Mais ce constat ne suffit pas. Encore faudrait-il se demander pourquoi, depuis un demi-siècle, une telle régression s’est accomplie dans notre pays.

Or, cette question, bien peu de monde semble décidé à se la poser, et surtout à y répondre. Et pour cause ! C’est tout le « Système » de la Ve République – totalité des partis politiques, quasi-totalité des intellectuels, grands médias, université, programmes scolaires – qui est compromis dans cette affaire. Parfois, il est vrai, en toute bonne foi, c’est-à-dire par ignorance…


Explication.

Le régime sous lequel nous vivons, la Ve République, est fondé sur une gigantesque imposture à caractère antirépublicain et antidémocratique, dont les Français noirs comptent parmi les premières victimes.


L’indépendance de l’Afrique subsaharienne, systématiquement présentée par l’école, les médias, les intellectuels et la classe politique, comme le triomphe du droit des peuples à disposer d’eux-mêmes, autrement dit comme le fruit de la volonté des Africains, fut, en réalité, essentiellement décidée par Paris, contre la volonté profonde des Africains.

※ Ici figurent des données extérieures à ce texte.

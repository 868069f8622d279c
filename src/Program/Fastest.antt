-- ===== src/Program/Fastest.antt =====
-- From the frames to the line of the fastest lap that src/main.cpp prints.
use formula_one_telemetry_si.Prelude.{
  ℕ, ◌≤◌, sym, ◌≡◌, refl, ◌∙◌, ◌⊎◌, inl, inr, Bool, true, false, ◌&&◌, some, none, List, [], ◌∷◌,
  ◌++◌, append-nil, append_assoc, length, get_elem?, get_elem?-append_left, get_elem?-append_last,
  All, All-append, ltb, lt_of_get_elem?, arith,
}
use mathlib.Core.Path.{subst}
use formula_one_telemetry_si.Prelude.Int.{ℤ, pos, negsuc}
use formula_one_telemetry_si.Prelude.Text.{until_nul}
use formula_one_telemetry_si.Floats.{Floats, IsOrdered}
use formula_one_telemetry_si.Floats.Order.{lt_irrefl, not-lt_of_lt}
use formula_one_telemetry_si.Types.{TelemetryFrame, DriverProfile, zero_f}
use formula_one_telemetry_si.Season.{drivers, driver_index_of}
use formula_one_telemetry_si.Season.Lookup.{driver_index_of_iff}
use formula_one_telemetry_si.RaceState.{RaceState, init, try_claim_fastest_lap}
use formula_one_telemetry_si.Spsc.{IsCapacity}
use formula_one_telemetry_si.LapTimes.{LapTimeConsumer, consume, drain}
use formula_one_telemetry_si.LapTimes.Pipeline
use formula_one_telemetry_si.LapTimes.Pipeline.{new_pipeline, accepted_consumed}
use formula_one_telemetry_si.LapTimes.Claims.{consume_all}
use formula_one_telemetry_si.Program.Console.{fastest_driver}

abbrev is_row : ℤ → Bool
is_row (pos _) = true
is_row (negsuc _) = false

module _ {F : Type 0} ⦃f : Floats F⦄ where
  abbrev row_of : TelemetryFrame F → ℤ
  row_of t = driver_index_of F (until_nul t.driver_id)

  -- Whether a frame has a lap of a known driver in less than `best`.
  abbrev pub beats : F → TelemetryFrame F → Bool
  beats best t = f.lt zero_f t.lap_time_ms && is_row (row_of t) && f.lt t.lap_time_ms best

  -- A frame is passed over, or its lap is claimed.
  Passes : RaceState F → TelemetryFrame F → Type 0
  Passes r t = (beats r.fastest_lap_ms t ≡ false) × (consume r t ≡ r)

  Claims : RaceState F → TelemetryFrame F → Type 0
  Claims r t =
      (i : ℕ) × (row_of t ≡ pos i)
      × (f.lt zero_f t.lap_time_ms ≡ true)
      × (consume r t ≡ record r { fastest_lap_holder = pos i; fastest_lap_ms = t.lap_time_ms })
      × (f.lt t.lap_time_ms r.fastest_lap_ms ≡ true)

  consume-cases :
      (r : RaceState F) (t : TelemetryFrame F) (p q : Bool) (z : ℤ)
      → f.lt zero_f t.lap_time_ms ≡ p
      → row_of t ≡ z
      → f.lt t.lap_time_ms r.fastest_lap_ms ≡ q
      → Passes r t ⊎ Claims r t
  unfolding Passes Claims consume try_claim_fastest_lap
  consume-cases r t false q z a b c = inl (rw (a, consume) (refl, refl))
  consume-cases r t true q (negsuc n) a b c = inl (rw (a, b, consume) (refl, refl))
  consume-cases r t true false (pos i) a b c =
      inl (rw (a, b, c, consume, try_claim_fastest_lap) (refl, refl))
  consume-cases r t true true (pos i) a b c = inr (i, b, a, rw (a, b, consume, c) refl, c)

  -- The holder and the time are those of a frame seen, or none was claimed.
  abbrev Held : List (TelemetryFrame F) → RaceState F → Type 0
  Held seen r =
      ((r.fastest_lap_holder ≡ negsuc 0) × (r.fastest_lap_ms ≡ f.largest))
      ⊎ ((k : ℕ) × (t : TelemetryFrame F) × (i : ℕ) × (get_elem? seen k ≡ some t)
          × (row_of t ≡ pos i)
          × (f.lt zero_f t.lap_time_ms ≡ true)
          × (r.fastest_lap_holder ≡ pos i)
          × (r.fastest_lap_ms ≡ t.lap_time_ms))

  -- No frame seen has a better lap than the one held.
  abbrev IsBest : List (TelemetryFrame F) → F → Type 0
  IsBest seen best = All (λ t. beats best t ≡ false) seen

  -- What the report of the fastest lap is to say once `ts` has been consumed.
  abbrev pub ReportOf : List (TelemetryFrame F) → RaceState F → Type 0
  ReportOf ts r =
      ((fastest_driver r ≡ none) × All (λ t. beats f.largest t ≡ false) ts)
      ⊎ ((k : ℕ) × (t : TelemetryFrame F) × (d : DriverProfile F) × (get_elem? ts k ≡ some t)
          × (fastest_driver r ≡ some d)
          × (d.id ≡ until_nul t.driver_id)
          × (f.lt zero_f t.lap_time_ms ≡ true)
          × (r.fastest_lap_ms ≡ t.lap_time_ms)
          × All (λ u. beats t.lap_time_ms u ≡ false) ts)

  Held-append :
      (seen : List (TelemetryFrame F)) (t : TelemetryFrame F) (r : RaceState F)
      → Held seen r
      → Held (seen ++ t ∷ []) r
  Held-append seen t r (inl nothing) = inl nothing
  Held-append seen t r (inr (k, u, i, there, row, lap, holder, time)) = inr (
    k,
    u,
    i,
    get_elem?-append_left seen (t ∷ []) k (lt_of_get_elem? seen k u there) ∙ there,
    row,
    lap,
    holder,
    time,
  )

  module _ (laws : IsOrdered F) where
    beats-of_lt :
        (t : TelemetryFrame F) (a b : F) → f.lt a b ≡ true → beats b t ≡ false → beats a t ≡ false
    beats-of_lt t a b less none_beats = ground (arith, not-lt_of_lt laws t.lap_time_ms a b)

    IsBest-of_lt :
        (seen : List (TelemetryFrame F)) (a b : F) → f.lt a b ≡ true → IsBest seen b → IsBest seen a
    IsBest-of_lt [] a b less v = tt
    IsBest-of_lt (t ∷ ts) a b less v = (beats-of_lt t a b less v.0, IsBest-of_lt ts a b less v.1)

    beats_self : (t : TelemetryFrame F) → beats t.lap_time_ms t ≡ false
    beats_self t = ground (arith, lt_irrefl laws t.lap_time_ms)

    consume-Held :
        (seen : List (TelemetryFrame F)) (t : TelemetryFrame F) (r : RaceState F)
        → Held seen r
        → IsBest seen r.fastest_lap_ms
        → Passes r t ⊎ Claims r t
        → Held (seen ++ t ∷ []) (consume r t) × IsBest (seen ++ t ∷ []) (consume r t).fastest_lap_ms
    unfolding Passes Claims
    consume-Held seen t r h v (inl (slow, same)) =
        rw same (Held-append seen t r h, All-append _ seen (t ∷ []) v (slow, tt))
    consume-Held seen t r h v (inr (i, row, lap, claimed, less)) = rw claimed (
      inr (
        length seen,
        t,
        i,
        get_elem?-append_last seen t (length seen) refl,
        row,
        lap,
        refl,
        refl,
      ),
      All-append _ seen (t ∷ []) (IsBest-of_lt seen t.lap_time_ms r.fastest_lap_ms less v)
          (beats_self t, tt),
    )

    consume_all-Held :
        (seen ts : List (TelemetryFrame F)) (r : RaceState F)
        → Held seen r
        → IsBest seen r.fastest_lap_ms
        → Held (seen ++ ts) (consume_all r ts)
          × IsBest (seen ++ ts) (consume_all r ts).fastest_lap_ms
    consume_all-Held seen [] r h v = rw (append-nil seen) (h, v)
    consume_all-Held seen (t ∷ ts) r h v =
        let (h', v') = consume-Held seen t r h v (consume-cases r t _ _ _ refl refl refl) in
        rw (← append_assoc seen (t ∷ []) ts)
          (consume_all-Held (seen ++ t ∷ []) ts (consume r t) h' v')

    pub fastest_driver_lem : (ts : List (TelemetryFrame F)) → ReportOf ts (consume_all init ts)
    unfolding fastest_driver
    fastest_driver_lem ts =
        let (h, v) = consume_all-Held [] ts init (inl (refl, refl)) tt in
        elim h [
          | inl (nobody, time) ↦ inl (rw (nobody, fastest_driver) refl, subst (IsBest ts) time v)
          | inr (k, t, i, there, row, lap, holder, time) ↦
              let (d, at, id) = (driver_index_of_iff F (until_nul t.driver_id) i).0 row in
              let inside : ltb i (length (drivers {F = F})) ≡ true =
                ground (arith, lt_of_get_elem? (drivers {F = F}) i d at) in
              inr (
                k,
                t,
                d,
                there,
                rw (holder, fastest_driver, inside) at,
                id,
                lap,
                time,
                subst (IsBest ts) time v,
              )
        ]

    -- On a ring of a valid capacity and on floats whose `<` is a strict order, after any pushes of frames
    -- and rounds of the consumer from a new race state, the consumer's last loop ends, and then: either
    -- the report of the fastest lap names no driver, and no frame that the ring accepted has a lap of a
    -- known driver under the largest `float`; or it names the driver of an accepted frame that has a lap, with the lap
    -- time of that frame, and no accepted frame has a better lap of a known driver.
    pub report_drained :
        {capacity : ℕ} (valid : IsCapacity capacity) (blank : TelemetryFrame F)
        (turns : List (Pipeline.Turn F)) (fuel : ℕ)
        → capacity ≤ fuel
        → let p = Pipeline.run capacity (new_pipeline capacity blank init) turns in
          (c : LapTimeConsumer F) × (drain capacity fuel p.consumer ≡ some c)
          × ReportOf p.accepted c.race_state
    report_drained {capacity} valid blank turns fuel enough =
        let p = Pipeline.run capacity (new_pipeline capacity blank init) turns in
        let (c, ends, consumed, _) = accepted_consumed valid init blank turns fuel enough in
        (c, ends, subst (ReportOf p.accepted) (sym consumed) (fastest_driver_lem p.accepted))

En phase avec la majorité de la classe politique métropolitaine toutes tendances confondues, le général de Gaulle, fondateur de la Ve République, estimait insensé d’accorder aux Africains l’égalité politique pleine et entière qu’ils revendiquaient, et au nom de laquelle nombre d’entre eux étaient morts pour la France pendant les deux guerres mondiales.

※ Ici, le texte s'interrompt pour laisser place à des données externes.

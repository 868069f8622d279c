-- ===== src/Program/Ticks.antt =====
-- The callback as a whole.
use formula_one_telemetry_si.Prelude.{
  ℕ, suc, ◌<◌, ◌≡◌, refl, none, some, List, length, ◌⊎◌, inl, inr, ==_iff,
}
use formula_one_telemetry_si.Floats.{Floats}
use formula_one_telemetry_si.Types.{DriverState, RaceControlEvent}
use formula_one_telemetry_si.Queue.{FifoQueue}
use formula_one_telemetry_si.Leaderboard.{Leaderboard, update}
use formula_one_telemetry_si.Penalty.History
use formula_one_telemetry_si.Penalty.Enforcer.{history, process_events_runs}
use formula_one_telemetry_si.Program.{Program, after_tick, on_tick, sorted_by_position}

pub update_claims :
    {F : Type 0} (b : Leaderboard F) (tid : ℕ) (states : List (DriverState F))
    → (b.writer_id ≡ none) ⊎ (b.writer_id ≡ some tid)
    → update b tid states ≡ some (record { standings = states; writer_id = some tid })
unfolding update
update_claims b tid states (inl e) = rw e refl
update_claims b tid states (inr e) = let same = (==_iff tid tid).1 refl in rw (e, same) refl

module _ {F : Type 0} ⦃f : Floats F⦄ {Q : Type 0} (queue : FifoQueue Q RaceControlEvent) where
  open queue use {Holds}

  -- Where no other thread has written the leaderboard, and with more fuel than events in the queue:
  -- the callback returns; it has published the states by position, set the lap, handled every event
  -- that was queued, in order, and left in the queue exactly the penalties that it announced.
  pub on_tick_returns :
      (fuel : ℕ) (clock : ℕ → ℕ) (tid race_lap : ℕ) (states : List (DriverState F))
      (p : Program F Q) (xs : List RaceControlEvent)
      → (p.leaderboard.writer_id ≡ none) ⊎ (p.leaderboard.writer_id ≡ some tid)
      → Holds p.penalty.events xs
      → length xs < fuel
      → let (slots, pushed) = History.run F p.penalty.slots (history clock 0 xs) in
        (p' : Program F Q) × (on_tick queue fuel clock tid race_lap states p ≡ some p')
        × (p'.leaderboard ≡ record { standings = sorted_by_position states; writer_id = some tid })
        × (p'.race_state.current_lap ≡ race_lap)
        × (p'.tick_counter ≡ suc p.tick_counter)
        × (p'.penalty.slots ≡ slots)
        × Holds p'.penalty.events pushed
  unfolding on_tick
  on_tick_returns fuel clock tid race_lap states p xs writer h l =
      let (e, runs, slots, held) = process_events_runs F queue fuel clock p.penalty xs h l in
      let claimed = update_claims p.leaderboard tid (sorted_by_position states) writer in
      let board : Leaderboard F = record {
        standings = sorted_by_position states;
        writer_id = some tid;
      } in
      (
        after_tick race_lap states board e p,
        rw (claimed, on_tick, runs) refl,
        refl,
        refl,
        refl,
        slots,
        held,
      )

Or, pour revenir aux affaires en mai-juin 1958 et justifier les moyens qui le lui permirent – en particulier un semi-putsch militaire –, de Gaulle prétendit vouloir sauver la France de l’abîme politique et moral où la conduisait l’aveuglement de la IVe République. La nature de cet aveuglement, selon lui ? Le refus de l’octroi de l’égalité politique, pour commencer, aux Arabo-Berbères d’Algérie. Qu’on ose relire le discours de Mostaganem du 6 juin 1958, y compris son appel du pied aux Noirs africains !
.
De fait, la Constitution de 1958, approuvée par 80% des Français, se solda par l’instauration de l’égalité politique en Algérie, entraînant l’entrée de 46 députés arabo-berbères au Palais Bourbon, dont le Bachaga Boualam devint l’un des vice-présidents. Qui se souvient de tout cela, aujourd’hui, en France ?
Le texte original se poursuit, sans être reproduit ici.